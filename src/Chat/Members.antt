-- ===== src/Chat/Members.antt =====
-- The table of the server against the history of joins and leaves.
use network_ex.Common.{
  ℕ, ◌≤◌, ◌<◌, ◌≡◌, ◌≢◌, refl, ap, sym, ◌∙◌, Option, none, some, List, [], ◌∷◌, Bool, true, false,
  ◌&&◌, not, length, arith, ltb, ◌==◌, if◌then◌else◌, inl, inr, Option-cases, Bool-cases,
}
use network_ex.Common.Bytes.{Bytes, NulFree, filled, c_string, c_string-filled}
use network_ex.Chat.Server.{
  Table, cleared, Fcntl, Listening, make_listener, store, make_connected_fd, Chat, Round, max_line,
  table_size, chat_text, send_chat_msg, relay, on_input, step, run,
}
use network_ex.Chat.Broadcast.{texts_to, once, send_chat_msg_lem}

-- The outcomes of `accept` and `fcntl` connect the descriptor.
joined : Option ℕ → Fcntl → ℕ → Bool
joined none f fd = false
joined (some sockfd) f fd = sockfd == fd && (f.set_flags && (f.set_signal && f.set_owner))

-- The round has connected the descriptor.
joins : ℕ → ℕ → Round → Bool
joins listenfd fd r = r.is_rtmin && (r.si_fd == listenfd && joined r.accepted r.fcntl fd)

-- A read that ends a connection.
ends : Option Bytes → Bool
ends none = true
ends (some []) = true
ends (some (b ∷ bs)) = false

-- The round has ended the connection of the descriptor.
leaves : ℕ → ℕ → Round → Bool
leaves listenfd fd r = r.is_rtmin && (not (r.si_fd == listenfd) && (r.si_fd == fd && ends r.input))

-- Whether a descriptor is connected after a history, from whether it was before.
pub connected : ℕ → ℕ → Bool → List Round → Bool
connected listenfd fd before [] = before
connected listenfd fd before (r ∷ rs) =
    connected listenfd fd
      (if joins listenfd fd r then true else if leaves listenfd fd r then false else before) rs

make_connected_fd-table :
    (accepted : Option ℕ) (f : Fcntl) (t t' : Table) (fd : ℕ)
    → make_connected_fd accepted f t ≡ some t'
    → (t' fd == 1) ≡ (if joined accepted f fd then true else (t fd == 1))
unfolding make_connected_fd joined
make_connected_fd-table none f t t' fd h =
    let e : t ≡ t' = ground arith in ap (λ u. u fd == 1) (sym e)
make_connected_fd-table (some sockfd) f t t' fd h =
    let stored : t'
        ≡ (if f.set_flags && (f.set_signal && f.set_owner) then store t sockfd 1 else t) =
      ground arith in
    rw stored (ground arith)

relay-table :
    (fd : ℕ) (block : Bytes) (t : Table) (chat : Chat)
    → relay fd block t ≡ some chat
    → chat.user_fds ≡ t
unfolding relay
relay-table fd block t chat h = elim (Option-cases (c_string (filled max_line block))) [
  | inl overrun ↦ absurd (ground arith)
  | inr (msg, e) ↦ elim (Option-cases (send_chat_msg fd msg t)) [
    | inl overflow ↦ absurd (ground arith)
    | inr (outputs, sent) ↦ ground arith
  ]
]

on_input-table :
    (i : ℕ) (input : Option Bytes) (t : Table) (chat : Chat) (fd : ℕ)
    → on_input i input t ≡ some chat
    → (chat.user_fds fd == 1) ≡ (if i == fd && ends input then false else (t fd == 1))
unfolding on_input ends
on_input-table i none t chat fd h = ground arith
on_input-table i (some []) t chat fd h = ground arith
on_input-table i (some (b ∷ bs)) t chat fd h = rw (relay-table i (b ∷ bs) t chat h) (ground arith)

-- One round changes the entry of a descriptor exactly as it joins or leaves.
step-table :
    (listenfd fd : ℕ) (t : Table) (r : Round) (chat : Chat)
    → step listenfd t r ≡ some chat
    → (chat.user_fds fd == 1)
      ≡ (if joins listenfd fd r then true else if leaves listenfd fd r then false else (t fd == 1))
unfolding step joins leaves
step-table listenfd fd t r chat h = elim (Bool-cases r.is_rtmin) [
  | inr other ↦ let same : t ≡ chat.user_fds = ground arith in rw (← same) (rw other)
  | inl signal ↦ elim (Bool-cases (r.si_fd == listenfd)) [
    | inl new ↦ elim (Option-cases (make_connected_fd r.accepted r.fcntl t)) [
      | inl overrun ↦ absurd (ground arith)
      | inr (t', e) ↦
          let same : t' ≡ chat.user_fds = ground arith in
          rw (← same) (ground (arith, make_connected_fd-table r.accepted r.fcntl t t' fd e))
    ]
    | inr old ↦
        let input : on_input r.si_fd r.input t ≡ some chat = ground arith in
        ground (arith, on_input-table r.si_fd r.input t chat fd input)
  ]
]

-- After any rounds the entry of a descriptor is 1 exactly if it has joined and not left since.
pub run-connected :
    (listenfd fd : ℕ) (rs : List Round) (t t' : Table)
    → run listenfd t rs ≡ some t'
    → (t' fd == 1) ≡ connected listenfd fd (t fd == 1) rs
unfolding run connected
run-connected listenfd fd [] t t' h = let same : t ≡ t' = ground arith in rw (← same)
run-connected listenfd fd (r ∷ rs) t t' h = elim (Option-cases (step listenfd t r)) [
  | inl overrun ↦ absurd (ground arith)
  | inr (chat, e) ↦
      let rest : run listenfd chat.user_fds rs ≡ some t' = ground arith in
      run-connected listenfd fd rs chat.user_fds t' rest
      ∙ ap (λ b. connected listenfd fd b rs) (step-table listenfd fd t r chat e)
]

-- Only descriptors within the table are members.
IsBounded : Table → Type 0
IsBounded t = (fd : ℕ) → table_size ≤ fd → (t fd == 1) ≡ false

joined-small :
    (accepted : Option ℕ) (f : Fcntl) (t t' : Table) (fd : ℕ)
    → make_connected_fd accepted f t ≡ some t'
    → joined accepted f fd ≡ true
    → fd < table_size
unfolding make_connected_fd joined
joined-small none f t t' fd h j = absurd (ground arith)
joined-small (some sockfd) f t t' fd h j = ground arith

joins-small :
    (listenfd fd : ℕ) (t : Table) (r : Round) (chat : Chat)
    → step listenfd t r ≡ some chat
    → joins listenfd fd r ≡ true
    → fd < table_size
unfolding step joins
joins-small listenfd fd t r chat h j =
    elim (Option-cases (make_connected_fd r.accepted r.fcntl t)) [
      | inl overrun ↦ absurd (ground arith)
      | inr (t', e) ↦ joined-small r.accepted r.fcntl t t' fd e (ground arith)
    ]

step-IsBounded :
    (listenfd : ℕ) (t : Table) (r : Round) (chat : Chat)
    → step listenfd t r ≡ some chat
    → IsBounded t
    → IsBounded chat.user_fds
unfolding IsBounded
step-IsBounded listenfd t r chat h b fd large =
    step-table listenfd fd t r chat h ∙ elim (Bool-cases (joins listenfd fd r)) [
      | inl j ↦ absurd (omega (arith, joins-small listenfd fd t r chat h j))
      | inr out ↦ ground (arith, b fd large)
    ]

run-IsBounded :
    (listenfd : ℕ) (rs : List Round) (t t' : Table)
    → run listenfd t rs ≡ some t'
    → IsBounded t
    → IsBounded t'
unfolding run
run-IsBounded listenfd [] t t' h b = let same : t ≡ t' = ground arith in rw (← same) b
run-IsBounded listenfd (r ∷ rs) t t' h b = elim (Option-cases (step listenfd t r)) [
  | inl overrun ↦ absurd (ground arith)
  | inr (chat, e) ↦
      let rest : run listenfd chat.user_fds rs ≡ some t' = ground arith in
      run-IsBounded listenfd rs chat.user_fds t' rest (step-IsBounded listenfd t r chat e b)
]

member :
    (listenfd : ℕ) (rs : List Round) (t : Table) (i : ℕ)
    → run listenfd cleared rs ≡ some t
    → (ltb i table_size && (t i == 1)) ≡ connected listenfd i false rs
member listenfd rs t i h =
    let bounded = run-IsBounded listenfd rs cleared t h (unfold IsBounded in λ fd large. refl) in
    let entry = run-connected listenfd i rs cleared t h in
    unfold IsBounded in ground (arith, bounded i, entry)

-- A message is delivered to who is connected. After any rounds from the cleared table that overrun
-- nothing, let `fd`, which is in the table and is not the listening socket, send a block of text that
-- leaves room for a NUL in MAXLINE bytes. The round overruns nothing and leaves the table as it is.
-- It writes the text with the number of the sender once to each descriptor that has joined and not
-- left since, the sender too if it has, and to no other.
pub chat_delivers :
    (listenfd fd b : ℕ) (bs : Bytes) (rs : List Round) (t : Table) (r : Round)
    → run listenfd cleared rs ≡ some t
    → r.is_rtmin ≡ true
    → r.si_fd ≡ fd
    → fd ≢ listenfd
    → r.input ≡ some (b ∷ bs)
    → fd < table_size
    → NulFree (b ∷ bs)
    → length (b ∷ bs) < max_line
    → (chat : Chat) × (step listenfd t r ≡ some chat)
      × (chat.user_fds ≡ t)
      × ((i : ℕ)
          → texts_to i chat.outputs ≡ once (connected listenfd i false rs) (chat_text fd (b ∷ bs)))
unfolding step on_input relay
chat_delivers listenfd fd b bs rs t r h signal about other input small no_nul room =
    let (outputs, sent, each) = send_chat_msg_lem fd (b ∷ bs) t small room in
    let text = c_string-filled max_line (b ∷ bs) no_nul room in
    (
      record { user_fds = t; outputs = outputs },
      ground arith,
      refl,
      λ i. each i ∙ ap (λ c. once c (chat_text fd (b ∷ bs))) (member listenfd rs t i h),
    )

-- The listening socket is returned whether or not `setup_sigio` succeeds on it: the condition tests
-- its result for 0, and it returns 1 or -1. So a server whose listening socket raises no signal
-- waits for one.
pub make_listener_ignores_setup :
    (l : Listening) (f g : Fcntl) → make_listener l f ≡ make_listener l g
unfolding make_listener
make_listener_ignores_setup l f g = ground arith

* _Work task_:
Output only the lines from the top of the entries through the one holding "(if f.set_flags &&", copied exactly.

* _Task result_:
filename src/Chat/Members.antt
-- ===== src/Chat/Members.antt =====
-- The table of the server against the history of joins and leaves.
use network_ex.Common.{
  ℕ, ◌≤◌, ◌<◌, ◌≡◌, ◌≢◌, refl, ap, sym, ◌∙◌, Option, none, some, List, [], ◌∷◌, Bool, true, false,
  ◌&&◌, not, length, arith, ltb, ◌==◌, if◌then◌else◌, inl, inr, Option-cases, Bool-cases,
}
use network_ex.Common.Bytes.{Bytes, NulFree, filled, c_string, c_string-filled}
use network_ex.Chat.Server.{
  Table, cleared, Fcntl, Listening, make_listener, store, make_connected_fd, Chat, Round, max_line,
  table_size, chat_text, send_chat_msg, relay, on_input, step, run,
}
use network_ex.Chat.Broadcast.{texts_to, once, send_chat_msg_lem}

-- The outcomes of `accept` and `fcntl` connect the descriptor.
joined : Option ℕ → Fcntl → ℕ → Bool
joined none f fd = false
joined (some sockfd) f fd = sockfd == fd && (f.set_flags && (f.set_signal && f.set_owner))

-- The round has connected the descriptor.
joins : ℕ → ℕ → Round → Bool
joins listenfd fd r = r.is_rtmin && (r.si_fd == listenfd && joined r.accepted r.fcntl fd)

-- A read that ends a connection.
ends : Option Bytes → Bool
ends none = true
ends (some []) = true
ends (some (b ∷ bs)) = false

-- The round has ended the connection of the descriptor.
leaves : ℕ → ℕ → Round → Bool
leaves listenfd fd r = r.is_rtmin && (not (r.si_fd == listenfd) && (r.si_fd == fd && ends r.input))

-- Whether a descriptor is connected after a history, from whether it was before.
pub connected : ℕ → ℕ → Bool → List Round → Bool
connected listenfd fd before [] = before
connected listenfd fd before (r ∷ rs) =
    connected listenfd fd
      (if joins listenfd fd r then true else if leaves listenfd fd r then false else before) rs

make_connected_fd-table :
    (accepted : Option ℕ) (f : Fcntl) (t t' : Table) (fd : ℕ)
    → make_connected_fd accepted f t ≡ some t'
    → (t' fd == 1) ≡ (if joined accepted f fd then true else (t fd == 1))
unfolding make_connected_fd joined
make_connected_fd-table none f t t' fd h =
    let e : t ≡ t' = ground arith in ap (λ u. u fd == 1) (sym e)
make_connected_fd-table (some sockfd) f t t' fd h =
    let stored : t'
        ≡ (if f.set_flags && (f.set_signal && f.set_owner) then store t sockfd 1 else t) =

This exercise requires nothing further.